* Work request: Restate word for word the entries below, starting with the line with "updated_at = p.updated_at;" and continuing through the line with "keep_if_empty new old". Include both of those lines and no others.

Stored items

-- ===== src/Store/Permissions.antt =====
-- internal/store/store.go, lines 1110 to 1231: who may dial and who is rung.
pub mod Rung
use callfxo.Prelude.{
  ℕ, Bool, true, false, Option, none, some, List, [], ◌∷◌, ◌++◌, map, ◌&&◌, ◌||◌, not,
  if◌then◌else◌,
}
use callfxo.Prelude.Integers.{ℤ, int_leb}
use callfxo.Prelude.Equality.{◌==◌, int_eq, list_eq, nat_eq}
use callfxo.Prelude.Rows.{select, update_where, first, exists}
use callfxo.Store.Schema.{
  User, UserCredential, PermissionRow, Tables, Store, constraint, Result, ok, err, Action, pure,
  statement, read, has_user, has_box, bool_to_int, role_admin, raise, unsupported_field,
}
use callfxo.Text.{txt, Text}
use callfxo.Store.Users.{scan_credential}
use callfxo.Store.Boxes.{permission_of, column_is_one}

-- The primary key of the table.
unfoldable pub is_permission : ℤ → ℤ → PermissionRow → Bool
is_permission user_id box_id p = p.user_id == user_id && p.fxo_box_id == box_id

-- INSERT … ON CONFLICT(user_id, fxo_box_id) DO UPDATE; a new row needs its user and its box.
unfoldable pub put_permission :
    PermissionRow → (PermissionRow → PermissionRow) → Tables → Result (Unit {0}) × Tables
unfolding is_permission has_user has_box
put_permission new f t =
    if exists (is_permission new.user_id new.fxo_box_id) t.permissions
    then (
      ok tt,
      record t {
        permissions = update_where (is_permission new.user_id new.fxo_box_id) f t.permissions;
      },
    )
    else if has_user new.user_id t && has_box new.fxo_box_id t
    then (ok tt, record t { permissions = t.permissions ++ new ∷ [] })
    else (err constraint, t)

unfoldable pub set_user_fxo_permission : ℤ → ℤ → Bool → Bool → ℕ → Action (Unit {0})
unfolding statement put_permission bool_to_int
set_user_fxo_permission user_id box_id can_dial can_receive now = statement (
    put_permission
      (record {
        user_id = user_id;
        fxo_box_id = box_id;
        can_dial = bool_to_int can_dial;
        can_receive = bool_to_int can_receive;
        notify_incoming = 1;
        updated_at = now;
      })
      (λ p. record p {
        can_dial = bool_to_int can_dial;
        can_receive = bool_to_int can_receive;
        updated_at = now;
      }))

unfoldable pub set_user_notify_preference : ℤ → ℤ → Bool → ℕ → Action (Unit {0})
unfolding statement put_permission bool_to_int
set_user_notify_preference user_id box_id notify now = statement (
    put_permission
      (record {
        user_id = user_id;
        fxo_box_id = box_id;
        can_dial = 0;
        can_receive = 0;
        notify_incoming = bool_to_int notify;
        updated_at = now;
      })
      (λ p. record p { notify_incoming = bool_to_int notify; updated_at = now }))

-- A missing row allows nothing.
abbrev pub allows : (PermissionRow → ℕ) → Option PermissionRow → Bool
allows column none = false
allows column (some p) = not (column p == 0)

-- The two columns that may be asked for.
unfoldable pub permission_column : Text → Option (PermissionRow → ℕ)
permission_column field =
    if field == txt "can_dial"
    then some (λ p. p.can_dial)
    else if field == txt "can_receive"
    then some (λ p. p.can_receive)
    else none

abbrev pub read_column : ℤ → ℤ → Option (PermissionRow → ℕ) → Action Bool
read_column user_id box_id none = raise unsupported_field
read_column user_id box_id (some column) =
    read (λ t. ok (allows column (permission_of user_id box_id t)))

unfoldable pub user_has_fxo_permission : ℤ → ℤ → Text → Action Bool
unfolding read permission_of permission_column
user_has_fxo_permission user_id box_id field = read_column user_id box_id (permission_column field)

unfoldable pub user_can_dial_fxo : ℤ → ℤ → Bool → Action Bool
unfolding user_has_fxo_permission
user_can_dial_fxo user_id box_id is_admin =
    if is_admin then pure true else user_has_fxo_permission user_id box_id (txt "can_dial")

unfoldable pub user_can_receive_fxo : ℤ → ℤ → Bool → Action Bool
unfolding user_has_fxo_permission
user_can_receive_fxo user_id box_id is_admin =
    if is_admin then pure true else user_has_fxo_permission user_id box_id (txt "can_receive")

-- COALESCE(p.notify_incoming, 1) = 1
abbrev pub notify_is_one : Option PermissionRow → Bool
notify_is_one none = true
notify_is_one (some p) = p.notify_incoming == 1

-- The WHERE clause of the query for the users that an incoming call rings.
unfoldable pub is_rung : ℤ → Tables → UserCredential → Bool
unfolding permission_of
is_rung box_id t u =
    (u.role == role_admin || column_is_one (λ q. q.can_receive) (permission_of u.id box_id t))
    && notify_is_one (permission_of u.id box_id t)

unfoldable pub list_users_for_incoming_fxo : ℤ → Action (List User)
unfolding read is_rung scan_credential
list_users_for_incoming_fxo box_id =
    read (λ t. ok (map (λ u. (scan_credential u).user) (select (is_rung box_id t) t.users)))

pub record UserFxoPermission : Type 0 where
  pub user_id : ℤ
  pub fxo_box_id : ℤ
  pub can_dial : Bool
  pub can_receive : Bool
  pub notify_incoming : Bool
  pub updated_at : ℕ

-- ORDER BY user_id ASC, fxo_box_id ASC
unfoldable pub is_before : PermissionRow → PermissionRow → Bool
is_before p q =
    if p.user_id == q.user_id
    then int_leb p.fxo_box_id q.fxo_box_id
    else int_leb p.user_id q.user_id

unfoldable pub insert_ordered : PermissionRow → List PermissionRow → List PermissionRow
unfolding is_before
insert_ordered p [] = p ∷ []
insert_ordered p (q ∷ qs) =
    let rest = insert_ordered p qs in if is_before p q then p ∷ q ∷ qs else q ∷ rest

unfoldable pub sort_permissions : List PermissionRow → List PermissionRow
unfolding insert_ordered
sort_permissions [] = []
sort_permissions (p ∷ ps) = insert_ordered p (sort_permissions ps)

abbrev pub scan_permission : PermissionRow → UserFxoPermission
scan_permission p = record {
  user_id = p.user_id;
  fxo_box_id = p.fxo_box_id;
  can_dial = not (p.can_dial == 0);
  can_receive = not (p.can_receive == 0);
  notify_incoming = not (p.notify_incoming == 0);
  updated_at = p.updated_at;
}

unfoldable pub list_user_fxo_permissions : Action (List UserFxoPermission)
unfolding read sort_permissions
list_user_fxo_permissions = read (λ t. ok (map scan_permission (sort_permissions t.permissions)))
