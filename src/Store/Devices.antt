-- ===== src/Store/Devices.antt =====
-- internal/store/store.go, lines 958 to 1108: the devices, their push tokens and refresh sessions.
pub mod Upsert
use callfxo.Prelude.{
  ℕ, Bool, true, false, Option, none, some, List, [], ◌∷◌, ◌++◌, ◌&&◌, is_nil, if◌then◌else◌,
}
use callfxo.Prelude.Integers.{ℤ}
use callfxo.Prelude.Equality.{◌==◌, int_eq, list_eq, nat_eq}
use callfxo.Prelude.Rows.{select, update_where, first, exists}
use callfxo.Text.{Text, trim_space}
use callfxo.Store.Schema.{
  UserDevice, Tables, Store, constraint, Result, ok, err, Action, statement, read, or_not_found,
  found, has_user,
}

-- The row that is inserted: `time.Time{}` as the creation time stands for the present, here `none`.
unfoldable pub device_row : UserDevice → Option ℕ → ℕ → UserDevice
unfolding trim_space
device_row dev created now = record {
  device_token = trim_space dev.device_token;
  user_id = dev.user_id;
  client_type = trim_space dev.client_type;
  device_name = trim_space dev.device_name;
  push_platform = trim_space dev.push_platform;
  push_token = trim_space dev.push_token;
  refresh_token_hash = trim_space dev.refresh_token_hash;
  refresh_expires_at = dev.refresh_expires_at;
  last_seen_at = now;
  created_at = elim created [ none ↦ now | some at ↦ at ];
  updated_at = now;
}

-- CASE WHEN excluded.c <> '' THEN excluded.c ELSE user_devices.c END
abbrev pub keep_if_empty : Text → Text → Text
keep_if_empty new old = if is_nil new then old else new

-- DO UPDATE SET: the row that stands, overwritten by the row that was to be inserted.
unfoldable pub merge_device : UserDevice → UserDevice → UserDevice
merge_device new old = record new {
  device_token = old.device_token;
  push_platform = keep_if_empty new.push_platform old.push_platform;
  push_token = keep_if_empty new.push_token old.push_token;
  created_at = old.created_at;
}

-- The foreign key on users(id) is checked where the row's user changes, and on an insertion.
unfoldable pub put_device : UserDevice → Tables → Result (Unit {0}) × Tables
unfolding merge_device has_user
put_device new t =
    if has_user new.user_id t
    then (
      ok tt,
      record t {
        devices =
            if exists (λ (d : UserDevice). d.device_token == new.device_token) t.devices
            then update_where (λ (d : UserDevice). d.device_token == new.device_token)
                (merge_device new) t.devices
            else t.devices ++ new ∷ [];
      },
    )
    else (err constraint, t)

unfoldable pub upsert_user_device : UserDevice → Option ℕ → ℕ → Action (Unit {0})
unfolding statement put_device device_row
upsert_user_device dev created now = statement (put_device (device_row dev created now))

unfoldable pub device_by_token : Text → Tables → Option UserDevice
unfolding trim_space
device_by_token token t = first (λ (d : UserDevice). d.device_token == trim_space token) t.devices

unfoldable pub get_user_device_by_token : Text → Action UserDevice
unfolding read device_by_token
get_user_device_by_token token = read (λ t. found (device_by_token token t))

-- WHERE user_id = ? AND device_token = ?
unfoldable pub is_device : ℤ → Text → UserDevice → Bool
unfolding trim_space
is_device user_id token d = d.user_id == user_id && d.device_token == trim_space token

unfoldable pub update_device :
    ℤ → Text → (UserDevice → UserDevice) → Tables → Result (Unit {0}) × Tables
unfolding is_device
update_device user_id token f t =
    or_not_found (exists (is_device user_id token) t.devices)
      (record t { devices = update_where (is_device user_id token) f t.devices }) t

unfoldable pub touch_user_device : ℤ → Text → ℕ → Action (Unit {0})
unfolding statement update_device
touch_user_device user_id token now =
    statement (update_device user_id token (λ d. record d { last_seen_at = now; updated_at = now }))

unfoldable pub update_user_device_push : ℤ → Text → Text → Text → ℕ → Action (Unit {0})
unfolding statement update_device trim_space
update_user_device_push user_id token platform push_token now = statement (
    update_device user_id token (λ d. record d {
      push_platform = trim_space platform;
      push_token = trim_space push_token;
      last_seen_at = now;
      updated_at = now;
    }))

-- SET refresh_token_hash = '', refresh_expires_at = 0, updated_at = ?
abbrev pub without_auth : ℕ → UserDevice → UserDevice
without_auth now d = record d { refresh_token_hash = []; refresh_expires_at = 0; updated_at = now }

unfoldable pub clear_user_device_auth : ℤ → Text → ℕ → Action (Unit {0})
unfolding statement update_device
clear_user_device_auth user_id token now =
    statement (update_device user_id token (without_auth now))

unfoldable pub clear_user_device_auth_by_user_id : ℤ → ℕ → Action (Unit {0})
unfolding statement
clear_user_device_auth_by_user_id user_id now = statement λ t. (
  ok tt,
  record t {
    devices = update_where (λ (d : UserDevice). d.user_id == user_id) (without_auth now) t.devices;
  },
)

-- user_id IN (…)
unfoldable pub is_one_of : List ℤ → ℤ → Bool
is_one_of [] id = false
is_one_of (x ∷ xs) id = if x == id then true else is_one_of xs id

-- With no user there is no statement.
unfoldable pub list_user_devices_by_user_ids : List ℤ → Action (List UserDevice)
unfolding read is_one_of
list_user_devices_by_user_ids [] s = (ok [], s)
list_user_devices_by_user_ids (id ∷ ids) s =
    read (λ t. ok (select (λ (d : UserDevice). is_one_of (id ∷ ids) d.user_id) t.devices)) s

* Answer box:
  updated_at = p.updated_at;
}

unfoldable pub list_user_fxo_permissions : Action (List UserFxoPermission)
unfolding read sort_permissions
list_user_fxo_permissions = read (λ t. ok (map scan_permission (sort_permissions t.permissions)))
filename src/Store/Devices.antt
-- ===== src/Store/Devices.antt =====
-- internal/store/store.go, lines 958 to 1108: the devices, their push tokens and refresh sessions.
pub mod Upsert
use callfxo.Prelude.{
  ℕ, Bool, true, false, Option, none, some, List, [], ◌∷◌, ◌++◌, ◌&&◌, is_nil, if◌then◌else◌,
}
use callfxo.Prelude.Integers.{ℤ}
use callfxo.Prelude.Equality.{◌==◌, int_eq, list_eq, nat_eq}
use callfxo.Prelude.Rows.{select, update_where, first, exists}
use callfxo.Text.{Text, trim_space}
use callfxo.Store.Schema.{
  UserDevice, Tables, Store, constraint, Result, ok, err, Action, statement, read, or_not_found,
  found, has_user,
}

-- The row that is inserted: `time.Time{}` as the creation time stands for the present, here `none`.
unfoldable pub device_row : UserDevice → Option ℕ → ℕ → UserDevice
unfolding trim_space
device_row dev created now = record {
  device_token = trim_space dev.device_token;
  user_id = dev.user_id;
  client_type = trim_space dev.client_type;
  device_name = trim_space dev.device_name;
  push_platform = trim_space dev.push_platform;
  push_token = trim_space dev.push_token;
  refresh_token_hash = trim_space dev.refresh_token_hash;
  refresh_expires_at = dev.refresh_expires_at;
  last_seen_at = now;
  created_at = elim created [ none ↦ now | some at ↦ at ];
  updated_at = now;
}

-- CASE WHEN excluded.c <> '' THEN excluded.c ELSE user_devices.c END
abbrev pub keep_if_empty : Text → Text → Text
keep_if_empty new old = if is_nil new then old else new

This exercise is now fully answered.